In general terms, an inverter is any device which converts DC power to AC. In the context of a solar system, an inverter is the piece of equipment responsible for converting the DC output of a solar array into an AC waveform which is compatible with the national electricity grid.
This means that the average voltage (referred to as the Root Mean Square Voltage, or RMS) will become 230V, and that this voltage will change direction at a rate of 50 cycles per second (50Hz). Solar inverters also Incorporate Maximum Power Point Trackers (MPPTs), which ensure that the solar array is working as efficiently as possible.

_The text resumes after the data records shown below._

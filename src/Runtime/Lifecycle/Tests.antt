-- ===== src/Runtime/Lifecycle/Tests.antt =====
-- Instances of the lifecycle theorems.
use littleorgans.Base.{◌+◌, ◌≤◌, ◌≡◌, List, [], ◌∷◌, none, some}
use littleorgans.Base.Int.{pos}
use littleorgans.Runtime.Lifecycle.{
  Lifecycle, ShimReady, claude, new_forking, pid_not_alive, shim_died_before_report, mark_lost,
}
use littleorgans.Runtime.Lifecycle.History.{
  Mark, mark_run, mark_exit, mark_loss, run, ends_left, starts_left, run_reports,
}

abbrev ready : ShimReady
ready = record {
  session_id = 7;
  shim_pid = 41;
  runtime_pid = 42;
  start_time = 1_000;
  tmux_pane = none;
}

abbrev life : List Mark
life =
    mark_run ready
    ∷ mark_run ready
    ∷ mark_exit (record { code = some (pos 0); signal = none })
    ∷ mark_loss pid_not_alive
    ∷ []

abbrev gone : Lifecycle
gone = (mark_lost (new_forking 7 claude) shim_died_before_report).0

run_reports_example :
    ((run (new_forking 7 claude) life).1 + ends_left (run (new_forking 7 claude) life).0.state
      ≡ ends_left (new_forking 7 claude).state)
    × ((run (new_forking 7 claude) life).2 + starts_left (run (new_forking 7 claude) life).0.state
        ≤ starts_left (new_forking 7 claude).state)
run_reports_example = run_reports (new_forking 7 claude) life
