-- ===== src/Runtime/Nudge.antt =====
-- internal/runtime/daemon/src/tmux_nudge.rs: how a text is typed into the tmux pane of an agent. The
-- pane (`NudgeOps`) answers the n-th question by a function of n, and a question takes as long as
-- `Pane` says. Times are in nanoseconds. `busy` is `agent_is_busy` for the runtime of the pane.
pub mod Timing
pub mod Idle
pub mod Quiet
pub mod Delivery
mod Tests
use littleorgans.Base.{
  ℕ, zero, suc, ◌+◌, ◌-◌, ◌*◌, ◌/◌, min, max, Bool, true, false, Option, none, some, List, ◌∷◌,
  if◌then◌else◌, leb, ltb,
}
use littleorgans.Base.Exec.{Result, ok, err}
use littleorgans.Base.Action.{Action, pure, raise, gets, ◌>>=◌, ◌>>◌}
use littleorgans.Runtime.Failure.{Failure, tmux}

pub data NudgeSendOutcome : Type 0 where
  delivered pane_dead agent_busy_timeout : NudgeSendOutcome

pub data NudgeMode : Type 0 where
  immediate wait steer : NudgeMode

pub record NudgeTiming : Type 0 where
  pub poll_interval : ℕ
  pub timeout : ℕ
  pub idle_probes_required : ℕ

abbrev pub milliseconds : ℕ → ℕ
milliseconds n = n * 1_000_000

abbrev pub wait_timing_default : NudgeTiming
wait_timing_default = record {
  poll_interval = milliseconds 1_000;
  timeout = milliseconds 120_000;
  idle_probes_required = 2;
}

abbrev pub steer_timing : NudgeTiming
steer_timing = record {
  poll_interval = milliseconds 250;
  timeout = milliseconds 5_000;
  idle_probes_required = 2;
}

abbrev pub submit_confirm_probes : ℕ
submit_confirm_probes = 3

abbrev pub submit_confirm_poll : ℕ
submit_confirm_poll = milliseconds 250

abbrev pub max_submit_resends : ℕ
max_submit_resends = 2

-- `out_of_fuel` never happens.
pub data PolicyOutcome : Type 0 where
  ready busy_timeout out_of_fuel : PolicyOutcome

-- What is sent to the pane.
pub data Keys : Type 0 where
  payload submit interrupt cancel : Keys

-- `none`: the call of tmux failed.
pub record Pane : Type 0 where
  pub alive : ℕ → Option Bool
  pub in_mode : ℕ → Option Bool
  pub captured : ℕ → Option (List ℕ)
  pub accepts : ℕ → Bool
  pub takes_ns : ℕ → ℕ

-- What was sent comes last first, the failed calls included: they may have typed a part.
pub record NudgeState : Type 0 where
  pub clock : ℕ
  pub now_ns : ℕ
  pub sent : List Keys

abbrev pub Nudge : Type 0 → Type 0
Nudge A = Action Failure NudgeState A

unfoldable pub wait_timing : Option ℕ → NudgeTiming
wait_timing none = wait_timing_default
wait_timing (some timeout_ms) =
    let timeout = milliseconds timeout_ms in
    record {
      poll_interval = min (milliseconds 1_000) (max (timeout / 3) 1);
      timeout = timeout;
      idle_probes_required = 2;
    }

abbrev pub answer_or_fail {ℓ} : {A : Type ℓ} → Option A → Result Failure A
answer_or_fail none = err tmux
answer_or_fail (some a) = ok a

abbrev pub taken : Bool → Result Failure (Unit {0})
taken true = ok tt
taken false = err tmux

module _ (busy : List ℕ → Bool) (pane : Pane) where
  unfoldable pub ask_pane : {A : Type 0} → (ℕ → Option A) → Nudge A
  ask_pane f s = (
    answer_or_fail (f s.clock),
    record s { clock = s.clock + 1; now_ns = s.now_ns + pane.takes_ns s.clock },
  )

  unfoldable pub send_to_pane : Keys → Nudge (Unit {0})
  send_to_pane keys s = (
    taken (pane.accepts s.clock),
    record s {
      clock = s.clock + 1;
      now_ns = s.now_ns + pane.takes_ns s.clock;
      sent = keys ∷ s.sent;
    },
  )

  -- A sleep takes the duration at least.
  unfoldable pub sleep_for : ℕ → Nudge (Unit {0})
  sleep_for duration s = (
    ok tt,
    record s { clock = s.clock + 1; now_ns = s.now_ns + duration + pane.takes_ns s.clock },
  )

  abbrev discarding :
      Result Failure (Unit {0}) × NudgeState → Result Failure (Unit {0}) × NudgeState
  discarding (r, s) = (ok tt, s)

  -- `let _ = ops.cancel_copy_mode().await`
  unfoldable pub cancel_copy_mode : Nudge (Unit {0})
  unfolding send_to_pane
  cancel_copy_mode s = discarding (send_to_pane cancel s)

  abbrev pub cancel_if : Bool → Nudge (Unit {0})
  cancel_if true = cancel_copy_mode
  cancel_if false = pure tt

  unfoldable pub leave_copy_mode : Nudge (Unit {0})
  unfolding ask_pane cancel_copy_mode
  leave_copy_mode = ask_pane pane.in_mode >>= cancel_if

  -- `probe_agent_busy`
  abbrev pub judged : Result Failure (List ℕ) → Option Bool
  judged (ok content) = some (busy content)
  judged (err e) = none

  abbrev judging : Result Failure (List ℕ) × NudgeState → Result Failure (Option Bool) × NudgeState
  judging (r, s) = (ok (judged r), s)

  unfoldable pub probe_agent_busy : Nudge (Option Bool)
  unfolding ask_pane
  probe_agent_busy s = judging (ask_pane pane.captured s)

  -- The end of a round of `wait_for_idle`, and what goes on with the count of idle probes.
  abbrev pub sleep_before : NudgeTiming → ℕ → Nudge PolicyOutcome → Bool → Nudge PolicyOutcome
  sleep_before timing deadline rest true = pure busy_timeout
  sleep_before timing deadline rest false = do
    now ← gets (λ s. s.now_ns)
    sleep_for (min timing.poll_interval (deadline - now))
    rest

  unfoldable pub next_round : NudgeTiming → ℕ → Nudge PolicyOutcome → Nudge PolicyOutcome
  unfolding sleep_for
  next_round timing deadline rest = do
    now ← gets (λ s. s.now_ns)
    sleep_before timing deadline rest (leb deadline now)

  abbrev pub after_probe :
      NudgeTiming → ℕ → ℕ → (ℕ → Nudge PolicyOutcome) → Option Bool → Nudge PolicyOutcome
  after_probe timing deadline idle rest none = pure ready
  after_probe timing deadline idle rest (some true) = next_round timing deadline (rest 0)
  after_probe timing deadline idle rest (some false) =
      if leb timing.idle_probes_required (idle + 1)
      then pure ready
      else next_round timing deadline (rest (idle + 1))

  -- The loop of `wait_for_idle`, on fuel.
  unfoldable pub idle_loop : NudgeTiming → ℕ → ℕ → ℕ → Nudge PolicyOutcome
  unfolding probe_agent_busy next_round
  idle_loop timing deadline zero idle = pure out_of_fuel
  idle_loop timing deadline (suc fuel) idle =
      let rest = idle_loop timing deadline fuel in
      probe_agent_busy >>= after_probe timing deadline idle rest

  unfoldable pub wait_for_idle : NudgeTiming → Nudge PolicyOutcome
  unfolding idle_loop
  wait_for_idle timing = do
    now ← gets (λ s. s.now_ns)
    idle_loop timing (now + timing.timeout) (suc (suc timing.timeout)) 0

  abbrev pub steer_after : NudgeTiming → Option Bool → Nudge PolicyOutcome
  steer_after timing (some true) = do send_to_pane interrupt; wait_for_idle timing
  steer_after timing _ = pure ready

  unfoldable pub steer_if_busy : NudgeTiming → Nudge PolicyOutcome
  unfolding wait_for_idle
  steer_if_busy timing = probe_agent_busy >>= steer_after timing

  -- `ops.is_alive().await.unwrap_or(false)` after a failed send.
  abbrev pub dead_or_error :
      Failure
      → Result Failure Bool × NudgeState
      → Result Failure (Option NudgeSendOutcome) × NudgeState
  dead_or_error e (ok true, s) = (err e, s)
  dead_or_error e (ok false, s) = (ok (some pane_dead), s)
  dead_or_error e (err _, s) = (ok (some pane_dead), s)

  abbrev pub after_send :
      Result Failure (Unit {0}) × NudgeState → Result Failure (Option NudgeSendOutcome) × NudgeState
  after_send (ok _, s) = (ok none, s)
  after_send (err e, s) = dead_or_error e (ask_pane pane.alive s)

  unfoldable pub send_or_pane_dead : Keys → Nudge (Option NudgeSendOutcome)
  unfolding ask_pane send_to_pane
  send_or_pane_dead keys s = after_send (send_to_pane keys s)

  -- The probes of `submission_confirmed`, by the number that is left.
  abbrev pub confirmed_or : Nudge Bool → Option Bool → Nudge Bool
  confirmed_or rest (some false) = rest
  confirmed_or rest _ = pure true

  abbrev pub sleep_unless_last : ℕ → Nudge Bool → Nudge Bool
  sleep_unless_last zero rest = pure false
  sleep_unless_last (suc _) rest = do sleep_for submit_confirm_poll; rest

  unfoldable pub confirm_probes : ℕ → Nudge Bool
  unfolding probe_agent_busy sleep_for
  confirm_probes zero = pure false
  confirm_probes (suc left) =
      let rest = confirm_probes left in
      probe_agent_busy >>= confirmed_or (sleep_unless_last left rest)

  unfoldable pub submission_confirmed : Nudge Bool
  unfolding confirm_probes
  submission_confirmed = confirm_probes submit_confirm_probes

  abbrev pub outcome_or : Nudge NudgeSendOutcome → Option NudgeSendOutcome → Nudge NudgeSendOutcome
  outcome_or rest none = rest
  outcome_or rest (some outcome) = pure outcome

  abbrev pub resend_unless : Nudge NudgeSendOutcome → Bool → Nudge NudgeSendOutcome
  resend_unless rest true = pure delivered
  resend_unless rest false = rest

  -- The loop of `send_nudge_payload`, by the number of resends that is left.
  unfoldable pub confirm_loop : ℕ → Nudge NudgeSendOutcome
  unfolding submission_confirmed send_or_pane_dead
  confirm_loop zero = submission_confirmed >>= resend_unless (pure delivered)
  confirm_loop (suc left) =
      let rest = confirm_loop left in
      submission_confirmed >>= resend_unless (send_or_pane_dead submit >>= outcome_or rest)

  unfoldable pub send_nudge_payload : Nudge NudgeSendOutcome
  unfolding leave_copy_mode confirm_loop
  send_nudge_payload = do
    leave_copy_mode
    sent ← send_or_pane_dead payload
    outcome_or (confirm_loop max_submit_resends) sent

  abbrev pub policy : NudgeMode → Option ℕ → Nudge PolicyOutcome
  policy immediate timeout_ms = pure ready
  policy wait timeout_ms = wait_for_idle (wait_timing timeout_ms)
  policy steer timeout_ms = steer_if_busy steer_timing

  abbrev pub after_policy : PolicyOutcome → Nudge NudgeSendOutcome
  after_policy ready = send_nudge_payload
  after_policy _ = pure agent_busy_timeout

  abbrev pub if_alive : NudgeMode → Option ℕ → Bool → Nudge NudgeSendOutcome
  if_alive mode timeout_ms false = pure pane_dead
  if_alive mode timeout_ms true = do
    leave_copy_mode
    outcome ← policy mode timeout_ms
    after_policy outcome

  unfoldable pub execute_nudge : NudgeMode → Option ℕ → Nudge NudgeSendOutcome
  unfolding send_nudge_payload steer_if_busy
  execute_nudge mode timeout_ms = ask_pane pane.alive >>= if_alive mode timeout_ms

How Do Solar Inverters Work?
The role of a solar inverter can be understood as having two parts:
1. Conversion of the array voltage down to 230V,
2. The 'inversion' of this voltage such that it replicates an AC waveform.
To achieve both of these goals, solar inverters use a regimen of co-ordinated, rapid switching. In simple terms, the process looks like this:
To alter the voltage of a DC waveform, an electronic transistor switch (known as a MOSFET) is rapidly switched on and off. This allows for a circuit device known as an inductor to be rapidly charged and discharged.
When the switch is in the ON position, this allows the inductor to briefly store electrical energy in the form of a magnetic field. When the switch is in the OFF position, the inductor releases the stored energy, which it is able to do at a very high voltage.
By using a capacitor to take the average of the waveform at the output of the inductor, it’s possible to yield a DC output signal at a different voltage to the input.
The AC inversion process is similar to the above; again, MOSFETS are rapidly switched, this time creating a 'square wave'. When the average of this square wave signal is taken, the result is a sine wave which replicates the AC waveforms seen in the grid.
There are many players in the commercial inverter space, with key organisations being SMA, Huawei, Sungrow, FIMER, Fronius and Growatt. Most manufacturers will offer a variety of models ranging from residential to utility-scale applications.
A typical inverter would be expected to last approximately 10 years, with most manufacturers offering a 5-year warranty as standard, and the option of extension to 10-years. Given how rapidly the industry is evolving, it’s likely that if an inverter failed more than 10 years into its life, it would simply be removed and replaced with a newer model.
Many aspects contribute to the perceived 'quality' of an inverter, such as its efficiency, reliability, and its ease of use. Most commercial inverters have approximately equivalent efficiency ratings, which typically range from 98-99%. Smaller inverters such as those used in residential applications will be less efficient. In a rapidly growing industry, reliability is difficult to assess - newer players such as Huawei are producing products with extremely promising track records, but it’s difficult to be certain of long-term performance.
Regardless of the manufacturer selected, the underlying function and technology is more or less equivalent - all commercial inverters widely available for sale in Australia will be listed on the CEC approved list, indicating that they meet the minimum performance and safety standards required in this country.